Susan Hibbvert, the British typist who copied out the surrender document, also attended the ceremony and recognized some of the messages pinned on the walls, which she said she probably typed. "As we had been working for three nights running, we were all very tired," she said. "I remember that more than any one thing."

"The Germans weren't very happy"

Kapitulation Deutschlands
Image: Deutsches Historisches Museum

The surrender document was signed by US Lieutenant General Walter Bedell Smith on behalf of the supreme allied commander, General Dwight D. Eisenhower; Colonel General Alfred Jodl on behalf of the German high command and Major General Ivan Susloparov of Russia. It was witnessed by French Major General Francois Sevez.

"The Germans were not very happy," Hibbvert said. "Eisenhower didn't take part in the signing. He was watching from somewhere else, waiting."

The Soviets said Suslaparov had not been authorized to sign the document.A second act of surrender, significantly the same as the first, was signed the following day by Field Marshal Wilhelm Keitel, General Admiral Hans-Georg von Friedeburg, and Colonel General Hans Juergen Stumpff, representing the German army, navy and air force; and Soviet Marshal Georgi Zhukov for the high command of the Red Army.

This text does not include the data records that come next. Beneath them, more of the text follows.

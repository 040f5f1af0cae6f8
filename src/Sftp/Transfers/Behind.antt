-- ===== src/Sftp/Transfers/Behind.antt =====
-- sftp.cc: SftpFile::synchronize(), which takes the replies to the writes that are in flight.
use Prim.Native.Nat.{◌<◌}
use hbackup.Prelude.{
  ℕ, suc, ◌≡◌, ◌≢◌, refl, ap, ◌∙◌, [], ◌∷◌, List, true, false, length, Bytes, arith, ◌==◌,
  if◌then◌else◌, Bool-cases, inl, inr,
}
use hbackup.Outcome.{Result, sftp_file_error, ok, err, fatal}
use hbackup.Sftp.Wire.{word_size, Status}
use hbackup.Sftp.Wire.Laws.{IsStatus}
use hbackup.Sftp.Check.{status_reply, errno_of}
use hbackup.Sftp.Transport.{Transport, Server, IsTransport}
use hbackup.Sftp.Requests.{on_link}
use hbackup.Sftp.Requests.Fallback.{verdict, check-verdict}
use hbackup.Sftp.Transfers.{
  Transfer, on_fs, has_id, without, synchronize_one, synchronize_loop, synchronize,
}

-- A write in flight, and the status that the server answers it with.
pub record Write : Type 0 where
  pub id : ℕ
  pub status : Status

unfoldable pub ids_of : List Write → List ℕ
ids_of [] = []
ids_of (w ∷ ws) = w.id ∷ ids_of ws

-- The verdict on the first write that failed.
unfoldable pub first_failure : List Write → Result (Unit {0})
first_failure [] = ok tt
first_failure (w ∷ ws) = if w.status.status == 0 then first_failure ws else verdict w.status.status

-- What is left in flight behind the first write that failed.
unfoldable pub behind_failure : List Write → List ℕ
behind_failure [] = []
behind_failure (w ∷ ws) = if w.status.status == 0 then behind_failure ws else ids_of ws

module _ (T : Transport) (S : Server T) (L : IsTransport T S) where
  open S use {Up, Answers}

  -- Every write is answered, under an ID of its own.
  unfoldable pub AllAnswered : T.State → List Write → Type 0
  AllAnswered l [] = Unit
  AllAnswered l (w ∷ ws) =
      Answers l w.id (status_reply w.id w.status)
      × IsStatus w.status
      × (w.id < word_size)
      × (has_id w.id (ids_of ws) ≡ false)
      × AllAnswered l ws

  AllAnswered-keeps :
      (l l' : T.State) (id : ℕ) (ws : List Write)
      → ((j : ℕ) (r : Bytes) → j ≢ id → Answers l j r → Answers l' j r)
      → has_id id (ids_of ws) ≡ false
      → AllAnswered l ws
      → AllAnswered l' ws
  unfolding AllAnswered ids_of has_id
  AllAnswered-keeps l l' id [] k n h = tt
  AllAnswered-keeps l l' id (w ∷ ws) k n (a, s, small, fresh, h) = (
    k w.id (status_reply w.id w.status) (λ e. ground arith) a,
    s,
    small,
    fresh,
    AllAnswered-keeps l l' id ws k (ground arith) h,
  )

  -- A round takes the reply to the front of the queue, and removes it.
  synchronize_front :
      (w : Write) (ws : List Write) (t : Transfer T)
      → t.writequeue ≡ w.id ∷ ids_of ws
      → Up t.fs.link
      → AllAnswered t.fs.link (w ∷ ws)
      → (t' : Transfer T) × (synchronize_one T w.id 0 t ≡ (verdict w.status.status, t'))
        × (t'.writequeue ≡ ids_of ws)
        × Up t'.fs.link
        × AllAnswered t'.fs.link ws
  unfolding synchronize_one on_fs on_link AllAnswered
  synchronize_front w ws t e u (a, s, small, fresh, h) =
      let (l, q, go) = L.awaits w.id (status_reply w.id w.status) t.fs.link u a in
      let front : without w.id t.writequeue ≡ ids_of ws = unfold without in rw e (ground arith) in
      let there : has_id w.id t.writequeue ≡ true = unfold has_id in rw e (ground arith) in
      (
        record t { fs = record t.fs { link = l }; writequeue = without w.id t.writequeue },
        rw (q, there, check-verdict w.id w.status small s) refl,
        front,
        go.up,
        AllAnswered-keeps t.fs.link l w.id ws go.answers fresh h,
      )

  sync_loop :
      (ws : List Write) (t : Transfer T)
      → t.writequeue ≡ ids_of ws
      → Up t.fs.link
      → AllAnswered t.fs.link ws
      → (t' : Transfer T) × (synchronize_loop T (length ws) t ≡ (first_failure ws, t'))
        × (t'.writequeue ≡ behind_failure ws)
  unfolding synchronize_loop first_failure behind_failure ids_of
  sync_loop [] t e u h = (
    t,
    ap
        (λ q. elim q as (λ _. Result (Unit {0}) × Transfer T) [
          | [] ↦ (ok tt, t)
          | _ ∷ _ ↦ (fatal, t)
        ])
        e,
    e,
  )
  sync_loop (w ∷ ws) t e u h =
      let (t1, q, e1, u1, h1) = synchronize_front w ws t e u h in
      elim (Bool-cases (w.status.status == 0)) [
        | inl z ↦
            let passed : verdict w.status.status ≡ ok tt = unfold verdict in rw z refl in
            let (t2, q2, e2) = sync_loop ws t1 e1 u1 h1 in
            (t2, rw (synchronize_loop, e, q, passed, z) q2, rw z e2)
        | inr z ↦
            let thrown : verdict w.status.status
                ≡ err (sftp_file_error (errno_of w.status.status) w.status.status) =
              unfold verdict in rw z refl in
            (t1, rw (synchronize_loop, e, q, thrown, z) refl, rw z e1)
      ]

  length-ids_of : (ws : List Write) → length (ids_of ws) ≡ length ws
  unfolding ids_of
  length-ids_of [] = refl
  length-ids_of (w ∷ ws) = ap suc (length-ids_of ws)

  -- If every write in flight is answered by a status, under an ID of its own, synchronize() comes to
  -- an end: it succeeds exactly if all statuses are 0, and then nothing is left in flight; else it
  -- throws what the first other status says, and the writes behind that one are still in flight.
  pub synchronize-first_failure :
      (ws : List Write) (t : Transfer T)
      → t.writequeue ≡ ids_of ws
      → Up t.fs.link
      → AllAnswered t.fs.link ws
      → (t' : Transfer T) × (synchronize T t ≡ (first_failure ws, t'))
        × (t'.writequeue ≡ behind_failure ws)
  unfolding synchronize
  synchronize-first_failure ws t e u h =
      let (t1, q, rest) = sync_loop ws t e u h in
      (t1, ap (λ n. synchronize_loop T n t) (ap length e ∙ length-ids_of ws) ∙ q, rest)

British Air Marshal Sir Arthur Tedder signed on behalf of Eisenhower and the second document was also witnessed by US Air Force General Carl Spaatz and French General Jean de Lattre de Tassigny.

"Democracy and peace in Europe"

In the absence of Prime Minister Jean-Pierre Raffarin, who was to undergo a gall bladder operation in a Paris hospital Saturday, the ceremony here was headed by Defense Minister Michele Alliot-Marie.

Jean-Pierre Raffarin
French Prime Minister Jean-Pierre Raffarin

In a speech read on his behalf, Raffarin (photo) emphasized the European dimension of the surrender ceremony.

"From the cataclysm emerged democracy and peace in Europe," he said, recalling that on July 8, 1962, General Charles de Gaulle of France and Chancellor Konrad Adenauer of Germany attended mass in Reims cathedral, opening the way to the Franco-German treaty of reconciliation of January 30, 1963.

In what was seen as an appeal to the French to vote in favor of the European constitution in a referendum on May 29, Raffarin said the values and principles of the wartime victors were rooted in the European Union, and it was for new generations "to be worthy today and tomorrow of their heritage."